Required work: An exact copy of all entries is required.

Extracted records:

◇ ◇ ◇ ◇ ◇ ◇ ◇

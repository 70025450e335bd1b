-- ===== src/Bootstrap/Identifier/Moving.antt =====
-- The moving names that validatePinnedIdentifier of internal/bootstrap/service.go refuses, as a reader
-- of them would list them.
use sovereignite.Base.{
  Bytes, codes, same, to_lower, lower, ℕ, ◌+◌, ◌≤◌, Bool, true, false, ◌&&◌, ◌||◌, List, [], ◌∷◌,
  leb, map, any, All, all, ◌==◌, ◌≡◌, refl, ◌↔◌, ◌⊎◌, inl, inr, arith, Bool-cases,
}
use sovereignite.Bootstrap.Identifier.{is_moving, moving}

-- Each letter of the word, small or capital.
abbrev pub IsSpelling : Bytes → Bytes → Type 0
IsSpelling [] [] = Unit {0}
IsSpelling (l ∷ word) (c ∷ v) = ((c ≡ l) ⊎ (c + 32 ≡ l)) × IsSpelling word v
IsSpelling _ _ = ⊥

pub data IsMovingName (v : Bytes) : Type 0 where
  is_latest : IsSpelling (codes "latest") v → IsMovingName v
  is_main : IsSpelling (codes "main") v → IsMovingName v
  is_master : IsSpelling (codes "master") v → IsMovingName v
  is_head : IsSpelling (codes "head") v → IsMovingName v
  is_stable : IsSpelling (codes "stable") v → IsMovingName v
  is_nightly : IsSpelling (codes "nightly") v → IsMovingName v

abbrev is_small : ℕ → Bool
is_small l = leb b'a' l && leb l b'z'

case_of : (l c : ℕ) → (l == lower c) ≡ true → (c ≡ l) ⊎ (c + 32 ≡ l)
unfolding lower
case_of l c h = elim (Bool-cases (leb b'A' c && leb c b'Z')) [
  | inl capital ↦ inr (ground arith)
  | inr other ↦ inl (ground arith)
]

IsSpelling-of_same : (word v : Bytes) → same word (map lower v) ≡ true → IsSpelling word v
unfolding same lower
IsSpelling-of_same [] [] h = tt
IsSpelling-of_same [] (c ∷ v) h = cc
IsSpelling-of_same (l ∷ word) [] h = cc
IsSpelling-of_same (l ∷ word) (c ∷ v) h =
    (case_of l c (ground arith), IsSpelling-of_same word v (ground arith))

same-of_spelling :
    (word v : Bytes) → all is_small word ≡ true → IsSpelling word v → same word (map lower v) ≡ true
unfolding same lower
same-of_spelling [] [] small h = refl
same-of_spelling [] (c ∷ v) small h = absurd h
same-of_spelling (l ∷ word) [] small h = absurd h
same-of_spelling (l ∷ word) (c ∷ v) small (inl p, h) = ground (arith, same-of_spelling word v)
same-of_spelling (l ∷ word) (c ∷ v) small (inr p, h) = ground (arith, same-of_spelling word v)

not_lead : (a : ℕ) → a ≤ 0x7E → ((a == 0xC4) ≡ false) × ((a == 0xE2) ≡ false)
not_lead a h = (ground arith, ground arith)

to_lower-of_ascii : (v : Bytes) → All (λ c. c ≤ 0x7E) v → to_lower v ≡ map lower v
unfolding to_lower
to_lower-of_ascii [] h = refl
to_lower-of_ascii (a ∷ []) h = refl
to_lower-of_ascii (a ∷ b ∷ []) h = rw (not_lead a h.0).0
to_lower-of_ascii (a ∷ b ∷ c ∷ v) h =
    rw ((not_lead a h.0).0, (not_lead a h.0).1, to_lower-of_ascii (b ∷ c ∷ v) h.1)

either_true : (a b : Bool) → (a || b) ≡ true → (a ≡ true) ⊎ (b ≡ true)
either_true true b h = inl refl
either_true false b h = inr h

abbrev SpellsOneOf : Bytes → List Bytes → Type 0
SpellsOneOf v [] = ⊥
SpellsOneOf v (m ∷ ms) = IsSpelling m v ⊎ SpellsOneOf v ms

SpellsOneOf-any :
    (v : Bytes) (ms : List Bytes) → any (λ m. same m (map lower v)) ms ≡ true → SpellsOneOf v ms
SpellsOneOf-any v [] h = cc
SpellsOneOf-any v (m ∷ ms) h = elim (either_true (same m (map lower v)) _ h) [
  | inl p ↦ inl (IsSpelling-of_same m v p)
  | inr q ↦ inr (SpellsOneOf-any v ms q)
]

IsMovingName-of : (v : Bytes) → SpellsOneOf v moving → IsMovingName v
IsMovingName-of v (inl n) = is_latest n
IsMovingName-of v (inr (inl n)) = is_main n
IsMovingName-of v (inr (inr (inl n))) = is_master n
IsMovingName-of v (inr (inr (inr (inl n)))) = is_head n
IsMovingName-of v (inr (inr (inr (inr (inl n))))) = is_stable n
IsMovingName-of v (inr (inr (inr (inr (inr (inl n)))))) = is_nightly n
IsMovingName-of v (inr (inr (inr (inr (inr (inr n)))))) = absurd n

any-moving : (v : Bytes) → IsMovingName v → any (λ m. same m (map lower v)) moving ≡ true
any-moving v (is_latest n) = rw (same-of_spelling (codes "latest") v refl n) refl
any-moving v (is_main n) = ground (arith, same-of_spelling (codes "main") v refl n)
any-moving v (is_master n) = ground (arith, same-of_spelling (codes "master") v refl n)
any-moving v (is_head n) = ground (arith, same-of_spelling (codes "head") v refl n)
any-moving v (is_stable n) = ground (arith, same-of_spelling (codes "stable") v refl n)
any-moving v (is_nightly n) = ground (arith, same-of_spelling (codes "nightly") v refl n)

-- An ASCII name is refused exactly when it is one of the six, in whatever case.
pub is_moving_iff : (v : Bytes) → All (λ c. c ≤ 0x7E) v → (is_moving v ≡ true) ↔ IsMovingName v
unfolding is_moving
is_moving_iff v ascii = (
  λ h. IsMovingName-of v (SpellsOneOf-any v moving (rw (to_lower-of_ascii v ascii) at h)),
  λ n. rw (to_lower-of_ascii v ascii) (any-moving v n),
)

◇ ◇ ◇ ◇ ◇ ◇ ◇

Solution for this problem:
repository 70025450e335bd1b
-- ===== src/Bootstrap/Identifier/Moving.antt =====
-- The moving names that validatePinnedIdentifier of internal/bootstrap/service.go refuses, as a reader
-- of them would list them.
use sovereignite.Base.{
  Bytes, codes, same, to_lower, lower, ℕ, ◌+◌, ◌≤◌, Bool, true, false, ◌&&◌, ◌||◌, List, [], ◌∷◌,
  leb, map, any, All, all, ◌==◌, ◌≡◌, refl, ◌↔◌, ◌⊎◌, inl, inr, arith, Bool-cases,
}
use sovereignite.Bootstrap.Identifier.{is_moving, moving}

-- Each letter of the word, small or capital.
abbrev pub IsSpelling : Bytes → Bytes → Type 0
IsSpelling [] [] = Unit {0}
IsSpelling (l ∷ word) (c ∷ v) = ((c ≡ l) ⊎ (c + 32 ≡ l)) × IsSpelling word v
IsSpelling _ _ = ⊥

pub data IsMovingName (v : Bytes) : Type 0 where
  is_latest : IsSpelling (codes "latest") v → IsMovingName v
  is_main : IsSpelling (codes "main") v → IsMovingName v
  is_master : IsSpelling (codes "master") v → IsMovingName v
  is_head : IsSpelling (codes "head") v → IsMovingName v
  is_stable : IsSpelling (codes "stable") v → IsMovingName v
  is_nightly : IsSpelling (codes "nightly") v → IsMovingName v

abbrev is_small : ℕ → Bool
is_small l = leb b'a' l && leb l b'z'

case_of : (l c : ℕ) → (l == lower c) ≡ true → (c ≡ l) ⊎ (c + 32 ≡ l)
unfolding lower
case_of l c h = elim (Bool-cases (leb b'A' c && leb c b'Z')) [
  | inl capital ↦ inr (ground arith)
  | inr other ↦ inl (ground arith)
]

IsSpelling-of_same : (word v : Bytes) → same word (map lower v) ≡ true → IsSpelling word v
unfolding same lower
IsSpelling-of_same [] [] h = tt
IsSpelling-of_same [] (c ∷ v) h = cc
IsSpelling-of_same (l ∷ word) [] h = cc
IsSpelling-of_same (l ∷ word) (c ∷ v) h =
    (case_of l c (ground arith), IsSpelling-of_same word v (ground arith))

same-of_spelling :
    (word v : Bytes) → all is_small word ≡ true → IsSpelling word v → same word (map lower v) ≡ true
unfolding same lower
same-of_spelling [] [] small h = refl
same-of_spelling [] (c ∷ v) small h = absurd h
same-of_spelling (l ∷ word) [] small h = absurd h
same-of_spelling (l ∷ word) (c ∷ v) small (inl p, h) = ground (arith, same-of_spelling word v)
same-of_spelling (l ∷ word) (c ∷ v) small (inr p, h) = ground (arith, same-of_spelling word v)

not_lead : (a : ℕ) → a ≤ 0x7E → ((a == 0xC4) ≡ false) × ((a == 0xE2) ≡ false)
not_lead a h = (ground arith, ground arith)

to_lower-of_ascii : (v : Bytes) → All (λ c. c ≤ 0x7E) v → to_lower v ≡ map lower v
unfolding to_lower
to_lower-of_ascii [] h = refl
to_lower-of_ascii (a ∷ []) h = refl
to_lower-of_ascii (a ∷ b ∷ []) h = rw (not_lead a h.0).0
to_lower-of_ascii (a ∷ b ∷ c ∷ v) h =
    rw ((not_lead a h.0).0, (not_lead a h.0).1, to_lower-of_ascii (b ∷ c ∷ v) h.1)

either_true : (a b : Bool) → (a || b) ≡ true → (a ≡ true) ⊎ (b ≡ true)
either_true true b h = inl refl
either_true false b h = inr h

abbrev SpellsOneOf : Bytes → List Bytes → Type 0
SpellsOneOf v [] = ⊥
SpellsOneOf v (m ∷ ms) = IsSpelling m v ⊎ SpellsOneOf v ms

SpellsOneOf-any :
    (v : Bytes) (ms : List Bytes) → any (λ m. same m (map lower v)) ms ≡ true → SpellsOneOf v ms
SpellsOneOf-any v [] h = cc
SpellsOneOf-any v (m ∷ ms) h = elim (either_true (same m (map lower v)) _ h) [
  | inl p ↦ inl (IsSpelling-of_same m v p)
  | inr q ↦ inr (SpellsOneOf-any v ms q)
]

IsMovingName-of : (v : Bytes) → SpellsOneOf v moving → IsMovingName v
IsMovingName-of v (inl n) = is_latest n
IsMovingName-of v (inr (inl n)) = is_main n
IsMovingName-of v (inr (inr (inl n))) = is_master n
IsMovingName-of v (inr (inr (inr (inl n)))) = is_head n
IsMovingName-of v (inr (inr (inr (inr (inl n))))) = is_stable n
IsMovingName-of v (inr (inr (inr (inr (inr (inl n)))))) = is_nightly n
IsMovingName-of v (inr (inr (inr (inr (inr (inr n)))))) = absurd n

any-moving : (v : Bytes) → IsMovingName v → any (λ m. same m (map lower v)) moving ≡ true
any-moving v (is_latest n) = rw (same-of_spelling (codes "latest") v refl n) refl
any-moving v (is_main n) = ground (arith, same-of_spelling (codes "main") v refl n)
any-moving v (is_master n) = ground (arith, same-of_spelling (codes "master") v refl n)
any-moving v (is_head n) = ground (arith, same-of_spelling (codes "head") v refl n)
any-moving v (is_stable n) = ground (arith, same-of_spelling (codes "stable") v refl n)
any-moving v (is_nightly n) = ground (arith, same-of_spelling (codes "nightly") v refl n)

-- An ASCII name is refused exactly when it is one of the six, in whatever case.
pub is_moving_iff : (v : Bytes) → All (λ c. c ≤ 0x7E) v → (is_moving v ≡ true) ↔ IsMovingName v
unfolding is_moving
is_moving_iff v ascii = (
  λ h. IsMovingName-of v (SpellsOneOf-any v moving (rw (to_lower-of_ascii v ascii) at h)),
  λ n. rw (to_lower-of_ascii v ascii) (any-moving v n),
)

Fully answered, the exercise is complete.